Ink hatching as lighting: a multi-department approach
Another key aspect of the Spider-Verse was ink hatching, where hand-drawn lines are used to add shading to a drawing. In Miles’ world, the team used hatching as a light effect, with hatch lines used to build shadows. They built several hatching tools that could run interactively in Nuke.
However, on this project, the ink hatching was particularly complex as it often became part of the characters themselves. For Ben Reilly, or Scarlet Spider, his concept art had hatching lines that changed directions with the curvature of his muscles.
“This couldn't be just a texture solution as it needed to react to both lighting and his movement and deformations,” says Marco. “The answer was a multi-department collaboration with texture artists painting custom flow maps in Mari, which were passed to lighters to produce special occlusion in fresnel maps out of Katana. All these maps were handed off to Comp, using our custom gradient hatching tools to drive the final ink hatching.”
Creating The Spot
Another key challenge on the project was reproducing the flowing watercolors, dripping paint, and bleeding inks from traditional print comics. This was especially important for creating supervillain The Spot, a character that comprises a collection of sketchy pencil lines, white acrylic paint, and lots and lots of ink spots all over his body, which he uses to express himself.
The team passed brush strokes through the Rebelle paint simulator, which enables artists to control the wetness, gravity, and absorption of digital paint strokes to generate elements for Comp to layer into scenes. To augment this, the team created a Nuke tool called MaskToInk that enabled artists to render a simple mask as if it were made of wet ink.
“The tool had mappable controls for where and how much ink should spread, based on how wet or dry the surface is,” explains Marco. “Nuke is great for experimental look development like this because even a very complicated setup can be wrapped up into a more simplified node user interface, with custom controls for the artist to use, rather than a large complicated template to learn.”
Constant innovation in the Spider-Verse
With its continuing development of non-photoreal tools over the last five years, Imageworks has now grown its Nuke toolset to more than 100 individual nodes and tools.
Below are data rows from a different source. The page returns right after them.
-- ===== src/Snode/State/Cleanups.antt =====
-- snode/state.go: rejected-part cleanups, the parts a cleanup forgets, and the acknowledgements
-- that are owed.
use arbiter_core.Base.{
  ℕ, Bool, true, false, ◌&&◌, ◌||◌, not, Option, none, some, List, [], ◌∷◌, ◌++◌, Bytes, ◌≟◌,
  list_eq, nat_eq, list_ord, nat_ord, ◌==◌, if◌then◌else◌, lookup, insert, delete, get_or, contains,
  length, keep_if, WriteOutcome, Result, ok, err, ◌>>=◌, decimal,
}
use arbiter_core.Types.{PartRef, UnsafeCleanup, CleanupAck, cleanup_ack_eq}
use arbiter_core.Snode.LtHash.{LtHash}
use arbiter_core.Snode.State.{
  PartitionKey, LocalState, Store, Answer, StateError, bad_accumulator, cleanup_has_promotion,
  part_of_other_table, part_without_name, part_hash_differs, ack_of_other_cleanup, key,
  intake_part_key, persist_state,
}
use arbiter_core.Snode.State.Intake.{removed_sum}

-- Whether intake recorded the part with a hash other than the one the cleanup names.
unfoldable pub recorded_differently : Option Bytes → Bytes → Bool
recorded_differently none hash = false
recorded_differently (some recorded) hash = not (recorded ≟ []) && not (recorded ≟ hash)

unfoldable pub check_part : PartitionKey → LocalState → PartRef → Option StateError
check_part k m p =
    if not (p.table_id ≟ k.table) || not (p.partition_id ≟ k.partition)
    then some part_of_other_table
    else if p.part_name ≟ []
    then some part_without_name
    else if recorded_differently (lookup (intake_part_key k p.part_name) m.intake_parts)
        p.part_row_lt_hash
    then some part_hash_differs
    else none

unfoldable pub check_parts : PartitionKey → LocalState → List PartRef → Option StateError
check_parts k m [] = none
check_parts k m (p ∷ ps) =
    let rest = check_parts k m ps in elim (check_part k m p) [ none ↦ rest | some e ↦ some e ]

unfoldable pub check_rejected_parts :
    PartitionKey → ℕ → List PartRef → LocalState → Option StateError
check_rejected_parts k promotion_seq parts m =
    if promotion_seq == 0 then check_parts k m parts else some cleanup_has_promotion

-- forgetPromotedParts: the state and whether any name was there.
unfoldable pub forget_promoted_parts : PartitionKey → List Bytes → LocalState → LocalState × Bool
forget_promoted_parts k part_names m =
    let existing = get_or [] (key k) m.promoted_unsafe_parts in
    let kept_names = keep_if (λ p. not (contains p part_names)) existing in
    if length kept_names == length existing
    then (m, false)
    else if length kept_names == 0
    then (record m { promoted_unsafe_parts = delete (key k) m.promoted_unsafe_parts }, true)
    else (
      record m { promoted_unsafe_parts = insert (key k) kept_names m.promoted_unsafe_parts },
      true,
    )

-- cleanupAckKey, "%s\x00%d\x00%d".
unfoldable pub cleanup_ack_key : CleanupAck → Bytes
cleanup_ack_key a =
    key (record { table = a.table_id; partition = a.partition_id })
    ++ 0 ∷ decimal a.promotion_seq
    ++ 0 ∷ decimal a.rejected_block_seq

abbrev is_owed : Option CleanupAck → CleanupAck → Bool
is_owed none ack = false
is_owed (some owed) ack = owed ≟ ack

-- The owed entry of an acknowledgement, and whether it was missing.
unfoldable pub owe : CleanupAck → LocalState → LocalState × Bool
owe ack m = if is_owed (lookup (cleanup_ack_key ack) m.owed_cleanup_acks) ack then (m, false) else (
  record m { owed_cleanup_acks = insert (cleanup_ack_key ack) ack m.owed_cleanup_acks },
  true,
)

abbrev pub names_of : List PartRef → List Bytes
names_of [] = []
names_of (p ∷ ps) = p.part_name ∷ names_of ps

unfoldable pub is_ack_of : CleanupAck → UnsafeCleanup → Bool
is_ack_of ack cmd =
    (ack.table_id ≟ cmd.table_id)
    && (ack.partition_id ≟ cmd.partition_id)
    && ack.promotion_seq == cmd.promotion_seq
    && ack.rejected_block_seq == cmd.rejected_block_seq

abbrev pub partition_of : UnsafeCleanup → PartitionKey
partition_of cmd = record { table = cmd.table_id; partition = cmd.partition_id }

unfoldable pub clear_owed_cleanup_ack : WriteOutcome → CleanupAck → Store → Answer
clear_owed_cleanup_ack w ack s =
    if is_owed (lookup (cleanup_ack_key ack) s.memory.owed_cleanup_acks) ack
    then persist_state w
        (record (s.memory) {
          owed_cleanup_acks = delete (cleanup_ack_key ack) s.memory.owed_cleanup_acks;
        })
        s
    else (s, none)

module _ (l : LtHash) where
  -- One rejected part: the state, and whether it changed; an unrecorded or removed part is skipped.
  unfoldable pub remove_rejected_part :
      PartitionKey → PartRef → LocalState → Result StateError (LocalState × Bool)
  remove_rejected_part k p m = elim (lookup (intake_part_key k p.part_name) m.intake_parts) [
    | none ↦ ok (m, false)
    | some recorded ↦
        if recorded ≟ []
        then ok (m, false)
        else elim (removed_sum l (get_or [] (key k) m.unpromoted_sums) p.part_row_lt_hash) [
          | none ↦ err bad_accumulator
          | some sum ↦ ok (
            record m {
              unpromoted_sums = insert (key k) sum m.unpromoted_sums;
              intake_parts = insert (intake_part_key k p.part_name) [] m.intake_parts;
            },
            true,
          )
        ]
  ]

  unfoldable pub remove_rejected_parts :
      PartitionKey → List PartRef → LocalState → Bool → Result StateError (LocalState × Bool)
  remove_rejected_parts k [] m changed = ok (m, changed)
  remove_rejected_parts k (p ∷ ps) m changed =
      remove_rejected_part k p m >>= λ r. remove_rejected_parts k ps r.0 (r.1 || changed)

  -- The accounting of a rejected-part cleanup; a promotion cleanup has none.
  unfoldable pub account_cleanup :
      UnsafeCleanup → LocalState → Result StateError (LocalState × Bool)
  account_cleanup cmd m =
      if cmd.rejected_block_seq == 0
      then ok (m, false)
      else elim (check_rejected_parts (partition_of cmd) cmd.promotion_seq cmd.parts m) [
        | some e ↦ err e
        | none ↦ remove_rejected_parts (partition_of cmd) cmd.parts m false
      ]

  -- The state after an executed cleanup, and whether it differs from the one before.
  unfoldable pub cleaned :
      UnsafeCleanup → CleanupAck → LocalState → Result StateError (LocalState × Bool)
  cleaned cmd ack m = account_cleanup cmd m >>= λ accounted.
      let forgotten = forget_promoted_parts (partition_of cmd) (names_of cmd.parts) accounted.0 in
      let owing = owe ack forgotten.0 in ok (owing.0, accounted.1 || forgotten.1 || owing.1)

  unfoldable pub record_executed_cleanup :
      WriteOutcome → UnsafeCleanup → CleanupAck → Store → Answer
  record_executed_cleanup w cmd ack s =
      if is_ack_of ack cmd
      then elim (cleaned cmd ack s.memory) [
        | err e ↦ (s, some e)
        | ok (next, changed) ↦ if changed then persist_state w next s else (s, none)
      ]
      else (s, some ack_of_other_cleanup)
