-- ===== src/Snode/State/Ops.antt =====
-- The methods of stateStore that change it, as one type of calls, so that a history of the store is
-- a list of calls with what the file system answered to each.
use arbiter_core.Base.{
  ℕ, Bool, true, false, Option, none, some, List, Bytes, Result, ok, err, WriteOutcome,
}
use arbiter_core.Types.{PromotionAck, CleanupAck, UnsafeCleanup}
use arbiter_core.Snode.LtHash.{LtHash}
use arbiter_core.Snode.State.{PartitionKey, PromotionIntent, Store, next_registration_seq}
use arbiter_core.Snode.State.Promotions.{
  begin_promotion, record_ack, record_settled_not_applied, record_refreshed_ack,
  record_applied_promotion,
}
use arbiter_core.Snode.State.Intake.{
  add_unpromoted, add_unpromoted_part, remove_unpromoted_part, drain_unpromoted,
}
use arbiter_core.Snode.State.Cleanups.{record_executed_cleanup, clear_owed_cleanup_ack}
use arbiter_core.Snode.State.Reads.{forget_table}

-- The calls that build a next state and persist it.
pub data CopyingCall : Type 0 where
  begins : PartitionKey → PromotionIntent → CopyingCall
  acks : PartitionKey → ℕ → PromotionAck → Bytes → Bytes → CopyingCall
  settles : PartitionKey → ℕ → PromotionAck → Bytes → Bytes → CopyingCall
  refreshes : PartitionKey → PromotionAck → CopyingCall
  applies : PartitionKey → ℕ → PromotionAck → Bytes → Bytes → List Bytes → List Bytes → CopyingCall
  cleans : UnsafeCleanup → CleanupAck → CopyingCall
  clears : CleanupAck → CopyingCall
  registers : ℕ → CopyingCall
  forgets : Bytes → CopyingCall

-- The calls that change the memory in place and persist it.
pub data InPlaceCall : Type 0 where
  adds : PartitionKey → Bytes → InPlaceCall
  adds_part removes_part : PartitionKey → Bytes → Bytes → InPlaceCall
  drains : PartitionKey → List Bytes → InPlaceCall

abbrev pub failed {ℓ} : {E : Type ℓ} → Option E → Bool
failed none = false
failed (some e) = true

abbrev pub refused {ℓ κ} : {E : Type ℓ} {A : Type κ} → Result E A → Bool
refused (ok a) = false
refused (err e) = true

-- A call: the store it leaves, and whether it returned an error.
module _ (l : LtHash) (w : WriteOutcome) where
  unfoldable pub copying : CopyingCall → Store → Store × Bool
  copying (begins k i) s = let r = begin_promotion w k i s in (r.0, failed r.1)
  copying (acks k n a b c) s = let r = record_ack w k n a b c s in (r.0, failed r.1)
  copying (settles k n a b c) s =
      let r = record_settled_not_applied w k n a b c s in (r.0, failed r.1)
  copying (refreshes k a) s = let r = record_refreshed_ack w k a s in (r.0, failed r.1)
  copying (applies k n a b c hs ns) s =
      let r = record_applied_promotion l w k n a b c hs ns s in (r.0, failed r.1)
  copying (cleans cmd a) s = let r = record_executed_cleanup l w cmd a s in (r.0, failed r.1)
  copying (clears a) s = let r = clear_owed_cleanup_ack w a s in (r.0, failed r.1)
  copying (registers now) s = let r = next_registration_seq w now s in (r.0, refused r.1)
  copying (forgets t) s = let r = forget_table l w t s in (r.0, failed r.1)

  unfoldable pub in_place : InPlaceCall → Store → Store × Bool
  in_place (adds k h) s = let r = add_unpromoted l w k h s in (r.0, failed r.1)
  in_place (adds_part k n h) s = let r = add_unpromoted_part l w k n h s in (r.0, failed r.1)
  in_place (removes_part k n h) s = let r = remove_unpromoted_part l w k n h s in (r.0, failed r.1)
  in_place (drains k hs) s = let r = drain_unpromoted l w k hs s in (r.0, failed r.1)
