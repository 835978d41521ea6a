-- ===== src/Snode/State/Durable.antt =====
-- What every method of stateStore keeps of the memory and of state.json.
use arbiter_core.Base.{
  ◌≡◌, Option-cases, inl, inr, Bool, true, false, none, some, List, [], Bytes, list_eq, nat_eq,
  WriteOutcome, arith, delete, Result-cases, lookup, ℕ, get_or, lookup-insert_self, ≟_refl,
}
use arbiter_core.Types.{PromotionAck, CleanupAck, UnsafeCleanup}
use arbiter_core.Snode.LtHash.{LtHash}
use arbiter_core.Snode.State.{
  PartitionKey, PromotionIntent, Store, LocalState, persist_state, reopen, next_registration_seq,
  key, intake_part_key, write_failed,
}
use arbiter_core.Snode.State.Promotions.{
  begin_promotion, record_ack, record_settled_not_applied, record_refreshed_ack,
  record_applied_promotion, drained_sum, with_intent, refreshed, applied_state,
}
use arbiter_core.Snode.State.Intake.{add_unpromoted_part, persist_in_place, added_sum}
use arbiter_core.Snode.State.Cleanups.{
  record_executed_cleanup, clear_owed_cleanup_ack, cleanup_ack_key, cleaned,
}
use arbiter_core.Snode.State.Reads.{forget_table, forgotten}
use arbiter_core.Snode.State.Ops.{
  CopyingCall, begins, acks, settles, refreshes, applies, cleans, clears, registers, forgets,
  copying, failed, refused,
}

-- A call that failed left the memory as it was; one that succeeded on a store whose file holds the
-- memory left a file that holds the memory.
abbrev pub IsDurable : Store → Store → Bool → Type 0
IsDurable s t e =
    (e ≡ true → t.memory ≡ s.memory) × (e ≡ false → s.file ≡ s.memory → t.file ≡ t.memory)

module _ (w : WriteOutcome) where
  persist-IsDurable :
      (next : LocalState) (s : Store)
      → let r = persist_state w next s in IsDurable s r.0 (failed r.1)
  unfolding persist_state
  persist-IsDurable next s = ground arith

  begin_promotion-IsDurable :
      (k : PartitionKey) (i : PromotionIntent) (s : Store)
      → let r = begin_promotion w k i s in IsDurable s r.0 (failed r.1)
  unfolding begin_promotion
  begin_promotion-IsDurable k i s =
      ground (arith, persist-IsDurable (with_intent (key k) i s.memory) s)

  record_refreshed_ack-IsDurable :
      (k : PartitionKey) (a : PromotionAck) (s : Store)
      → let r = record_refreshed_ack w k a s in IsDurable s r.0 (failed r.1)
  unfolding record_refreshed_ack
  record_refreshed_ack-IsDurable k a s =
      ground (arith, persist-IsDurable (refreshed (key k) a s.memory) s)

  clear_owed_cleanup_ack-IsDurable :
      (a : CleanupAck) (s : Store)
      → let r = clear_owed_cleanup_ack w a s in IsDurable s r.0 (failed r.1)
  unfolding clear_owed_cleanup_ack
  clear_owed_cleanup_ack-IsDurable a s = ground (
    arith,
    persist-IsDurable
        (record (s.memory) {
          owed_cleanup_acks = delete (cleanup_ack_key a) s.memory.owed_cleanup_acks;
        })
        s,
  )

  next_registration_seq-IsDurable :
      (now : ℕ) (s : Store) → let r = next_registration_seq w now s in IsDurable s r.0 (refused r.1)
  unfolding next_registration_seq persist_state
  next_registration_seq-IsDurable now s = ground arith

  module _ (l : LtHash) where
    record_applied_promotion-IsDurable :
        (k : PartitionKey) (n : ℕ) (a : PromotionAck) (b c : Bytes) (hs ns : List Bytes) (s : Store)
        → let r = record_applied_promotion l w k n a b c hs ns s in IsDurable s r.0 (failed r.1)
    record_applied_promotion-IsDurable k n a b c hs ns s =
        elim (Option-cases (drained_sum l hs (get_or [] (key k) s.memory.unpromoted_sums))) [
          | inl e ↦
              unfold record_applied_promotion in rw (e, record_applied_promotion) (ground arith)
          | inr (sum, e) ↦
              unfold record_applied_promotion in
              rw (e, record_applied_promotion)
                (persist-IsDurable (applied_state l (key k) n a b c sum ns s.memory) s)
        ]

    record_executed_cleanup-IsDurable :
        (cmd : UnsafeCleanup) (a : CleanupAck) (s : Store)
        → let r = record_executed_cleanup l w cmd a s in IsDurable s r.0 (failed r.1)
    unfolding record_executed_cleanup
    record_executed_cleanup-IsDurable cmd a s = elim (Result-cases (cleaned l cmd a s.memory)) [
      | inl ((next, changed), e) ↦ ground (arith, e, persist-IsDurable next s)
      | inr (x, e) ↦ ground (arith, e)
    ]

    forget_table-IsDurable :
        (t : Bytes) (s : Store) → let r = forget_table l w t s in IsDurable s r.0 (failed r.1)
    unfolding forget_table
    forget_table-IsDurable t s = ground (arith, persist-IsDurable (forgotten t s.memory) s)

    -- A call that builds a next state and persists it changes the memory only with the file: when
    -- it fails the memory is as it was, whatever the file system answered, and when it succeeds on
    -- a store whose file holds the memory, the file again holds the memory.
    pub copying-IsDurable :
        (c : CopyingCall) (s : Store) → let r = copying l w c s in IsDurable s r.0 r.1
    unfolding copying
    copying-IsDurable (begins k i) s = begin_promotion-IsDurable k i s
    copying-IsDurable (acks k n a b c) s = unfold record_ack in persist-IsDurable _ s
    copying-IsDurable (settles k n a b c) s =
        unfold record_settled_not_applied in persist-IsDurable _ s
    copying-IsDurable (refreshes k a) s = record_refreshed_ack-IsDurable k a s
    copying-IsDurable (applies k n a b c hs ns) s =
        record_applied_promotion-IsDurable k n a b c hs ns s
    copying-IsDurable (cleans cmd a) s = record_executed_cleanup-IsDurable cmd a s
    copying-IsDurable (clears a) s = clear_owed_cleanup_ack-IsDurable a s
    copying-IsDurable (registers now) s = next_registration_seq-IsDurable now s
    copying-IsDurable (forgets t) s = forget_table-IsDurable t s

    -- The calls that change the memory first do not keep it on a failed write. A part recorded by
    -- AddUnpromotedPart whose write was refused before the rename stands in the memory and not in
    -- the file, and the retry of the same part succeeds without writing: the store then reports
    -- success for a part that a restart forgets.
    pub add_unpromoted_part-retry_not_durable :
        (k : PartitionKey) (name hash : Bytes) (sum : Bytes) (s : Store)
        → lookup (intake_part_key k name) s.memory.intake_parts ≡ none
        → lookup (intake_part_key k name) s.file.intake_parts ≡ none
        → added_sum l (get_or [] (key k) s.memory.unpromoted_sums) hash ≡ some sum
        → let t = (add_unpromoted_part l WriteOutcome.unwritten k name hash s).0 in
          ((add_unpromoted_part l WriteOutcome.unwritten k name hash s).1 ≡ some write_failed)
          × (add_unpromoted_part l w k name hash t ≡ (t, none))
          × (lookup (intake_part_key k name) (reopen t).memory.intake_parts ≡ none)
    unfolding add_unpromoted_part persist_in_place persist_state reopen
    add_unpromoted_part-retry_not_durable k name hash sum s fresh absent parsed =
        ground (
          arith,
          lookup-insert_self (intake_part_key k name) hash s.memory.intake_parts,
          ≟_refl hash,
        )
The examples above offer a glimpse of how the team created the distinctive visual style of Across the Spider-Verse, and how Nuke, Mari, and Katana enabled that continual innovation.
“We were developing the entire time,“ says Marco. “Every day, an artist would come up with a new idea, or a new way of using the tools. The creative team had the freedom to be imaginative, to push the boundaries, and explore ideas that had never been done before.”